• [TASK ITEM]
Take from the records below each line that holds "content".

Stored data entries
________
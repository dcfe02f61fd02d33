-- ===== src/Chat.antt =====
-- src/capabilities/dialogue/ChatHistoryStore.ts: the messages of a session's chat and the turns of its
-- other channels, kept in a file and in a snapshot in the cloud. `file` is what `writeFileSync` has
-- written; a file that holds no list of messages, which the type of the state does not allow and no
-- save writes, is left out, as are `session` and the paths. The answer of the cloud to a load is an
-- argument; a save to it is a function of the snapshot that is there when the store answers. Messages
-- are values: that a migration shares the objects of the messages with its source is left out.
mod State
pub mod History
pub mod Shift
mod Tests
unfoldable pub use State.*
use sera_core.Prelude.{
  ℕ, zero, suc, ◌-◌, String, Bool, true, false, not, ◌&&◌, ◌||◌, Option, none, some, List, [], ◌∷◌,
  ◌++◌, ◌==◌, if◌then◌else◌, is_empty, is_text, is_some, get_or, any, filter, length, drop, ltb,
  nat_eq, map, truthy,
}
use sera_core.Dict
use sera_core.Dict.{Dict}
use sera_core.Text.{trim}
use Prim.Native.String.append
use Prim.Native.String

abbrev pub max_ui_messages : ℕ
max_ui_messages = 30

abbrev pub max_detailed_turns : ℕ
max_detailed_turns = 6

abbrev pub max_platform_turns : ℕ
max_platform_turns = 20

-- `while (xs.length > n) xs.shift()`
unfoldable pub shift_to {ℓ} : {A : Type ℓ} → ℕ → List A → List A
shift_to n [] = []
shift_to n (x ∷ xs) = let rest = shift_to n xs in if ltb n (length (x ∷ xs)) then rest else x ∷ xs

abbrev pub is_activity : UiMessage → Bool
is_activity m = is_text m.type "activity"

-- the messages that a load keeps: no activity, and the last ones of the rest
unfoldable pub loaded_messages : List UiMessage → List UiMessage
loaded_messages ms =
    let kept = filter (λ m. not (is_activity m)) ms in drop (length kept - max_ui_messages) kept

-- `none` is no file, or one that does not parse
unfoldable pub load_local : Option ChatHistoryState → List UiMessage × Dict (List PlatformTurn)
load_local none = ([], [])
load_local (some state) = (loaded_messages state.ui_messages, get_or state.platform_messages [])

unfoldable pub new_chat_history : Bool → Option ChatHistoryState → ChatHistoryStore
new_chat_history persist_locally file =
    let state = load_local file in
    record { messages = state.0; turns = state.1; persist_locally = persist_locally; file = file }

unfoldable pub save_local : ChatHistoryStore → ChatHistoryStore
save_local s =
    if s.persist_locally
    then record s {
      file = some (record { ui_messages = s.messages; platform_messages = some s.turns });
    }
    else s

-- the snapshot after a save, of which other fields are left out
unfoldable pub save_cloud : ChatHistoryStore → ChatSnapshot → ChatSnapshot
save_cloud s snapshot = record { ui_messages = some s.messages; platform_messages = some s.turns }

-- whether the cloud's messages replace the store's
unfoldable pub sync_messages : List UiMessage → List UiMessage → Bool
sync_messages cloud messages =
    ltb 0 (length cloud)
    && (nat_eq (length messages) 0 || not (ltb (length cloud) (length messages)))

unfoldable pub load_cloud_messages : Option (List UiMessage) → ChatHistoryStore → ChatHistoryStore
load_cloud_messages none s = s
load_cloud_messages (some ms) s =
    let cloud = loaded_messages ms in
    if sync_messages cloud s.messages then save_local (record s { messages = cloud }) else s

unfoldable pub load_cloud_turns :
    Option (Dict (List PlatformTurn)) → ChatHistoryStore → ChatHistoryStore
load_cloud_turns none s = s
load_cloud_turns (some cloud) s = save_local (record s { turns = Dict.merge cloud s.turns })

-- `none` is a cloud without a snapshot, or a failure
unfoldable pub load_from_cloud : Option ChatSnapshot → ChatHistoryStore → ChatHistoryStore
load_from_cloud none s = s
load_from_cloud (some snapshot) s =
    load_cloud_turns snapshot.platform_messages (load_cloud_messages snapshot.ui_messages s)

unfoldable pub get_platform_turns : String → ChatHistoryStore → List PlatformTurn
get_platform_turns key s = get_or (Dict.get s.turns key) []

abbrev pub is_blank : String → Bool
is_blank content = is_empty content || is_empty (trim content)

abbrev pub channel_key : String → String → String
channel_key platform channel_id =
    Prim.Native.String.◌++◌ platform (Prim.Native.String.◌++◌ ":" channel_id)

unfoldable pub append_platform_turn :
    ℕ → String → String → TurnRole → String → ChatHistoryStore → ChatHistoryStore
append_platform_turn now platform channel_id role content s =
    if is_blank content
    then s
    else (let key = channel_key platform channel_id in
        let turn : PlatformTurn = record { role = role; content = content; timestamp = some now } in
        save_local (record s {
          turns =
              Dict.set s.turns key
                (shift_to max_platform_turns (get_or (Dict.get s.turns key) [] ++ turn ∷ []));
        }))

-- the client's id, where the message has one, or the id
unfoldable pub is_same_message : UiMessage → UiMessage → Bool
is_same_message msg m =
    (elim (truthy msg.client_message_id) [
      | none ↦ false
      | some client ↦ is_text m.client_message_id client
    ])
    || nat_eq m.id msg.id

abbrev pub newer {ℓ} : {A : Type ℓ} → Option A → Option A → Option A
newer old none = old
newer old (some x) = some x

-- `{ ...old, ...msg }`
unfoldable pub merge_message : UiMessage → UiMessage → UiMessage
merge_message old msg = record {
  id = msg.id;
  client_message_id = newer old.client_message_id msg.client_message_id;
  role = newer old.role msg.role;
  type = newer old.type msg.type;
  content = newer old.content msg.content;
  images = newer old.images msg.images;
  documents = newer old.documents msg.documents;
  proposal = newer old.proposal msg.proposal;
  action_links = newer old.action_links msg.action_links;
  observations = newer old.observations msg.observations;
  cognitive_steps = newer old.cognitive_steps msg.cognitive_steps;
  duration_seconds = newer old.duration_seconds msg.duration_seconds;
  had_tools = newer old.had_tools msg.had_tools;
}

-- the first message that is the same is replaced, or else the message is added at the end
unfoldable pub put_message : UiMessage → List UiMessage → List UiMessage
put_message msg [] = msg ∷ []
put_message msg (m ∷ ms) =
    let rest = put_message msg ms in
    if is_same_message msg m then merge_message m msg ∷ ms else m ∷ rest

-- `delete` of a list that has entries
unfoldable pub pruned : Option (List String) → Option (List String)
pruned none = none
pruned (some []) = some []
pruned (some (x ∷ xs)) = none

unfoldable pub prune_message : UiMessage → UiMessage
prune_message m = record m {
  observations = pruned m.observations;
  cognitive_steps = pruned m.cognitive_steps;
}

-- the messages before an index
unfoldable pub prune_before : ℕ → List UiMessage → List UiMessage
prune_before zero ms = ms
prune_before (suc n) [] = []
prune_before (suc n) (m ∷ ms) = prune_message m ∷ prune_before n ms

unfoldable pub prune_older : List UiMessage → List UiMessage
prune_older ms = prune_before (length ms - max_detailed_turns) ms

unfoldable pub append_ui_message : UiMessage → ChatHistoryStore → ChatHistoryStore
append_ui_message msg s =
    save_local
      (record s { messages = prune_older (shift_to max_ui_messages (put_message msg s.messages)) })

unfoldable pub migrate_from : List UiMessage → ChatHistoryStore → Bool × ChatHistoryStore
migrate_from [] s = (false, s)
migrate_from (m ∷ ms) s =
    if nat_eq (length s.messages) 0
    then (true, save_local (record s { messages = m ∷ ms }))
    else (false, s)

abbrev pub has_proposal : String → UiMessage → Bool
has_proposal proposal_id m = elim m.proposal [
  | none ↦ false
  | some p ↦ p.proposal_id == proposal_id
]

unfoldable pub set_status : ProposalStatus → Option ChatProposal → Option ChatProposal
set_status status none = none
set_status status (some p) = some (record p { status = status })

-- the first message with the proposal
unfoldable pub update_first : String → ProposalStatus → List UiMessage → List UiMessage
update_first proposal_id status [] = []
update_first proposal_id status (m ∷ ms) =
    let rest = update_first proposal_id status ms in
    if has_proposal proposal_id m
    then record m { proposal = set_status status m.proposal } ∷ ms
    else m ∷ rest

unfoldable pub update_proposal_status :
    String → ProposalStatus → ChatHistoryStore → ChatHistoryStore
update_proposal_status proposal_id status s =
    if any (has_proposal proposal_id) s.messages
    then save_local (record s { messages = update_first proposal_id status s.messages })
    else s

unfoldable pub clear : ChatHistoryStore → ChatHistoryStore
clear s = save_local (record s { messages = []; turns = [] })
________
• [RESPONSE BELOW]
is_blank content = is_empty content || is_empty (trim content)
append_platform_turn now platform channel_id role content s =
    if is_blank content
        let turn : PlatformTurn = record { role = role; content = content; timestamp = some now } in
  content = newer old.content msg.content;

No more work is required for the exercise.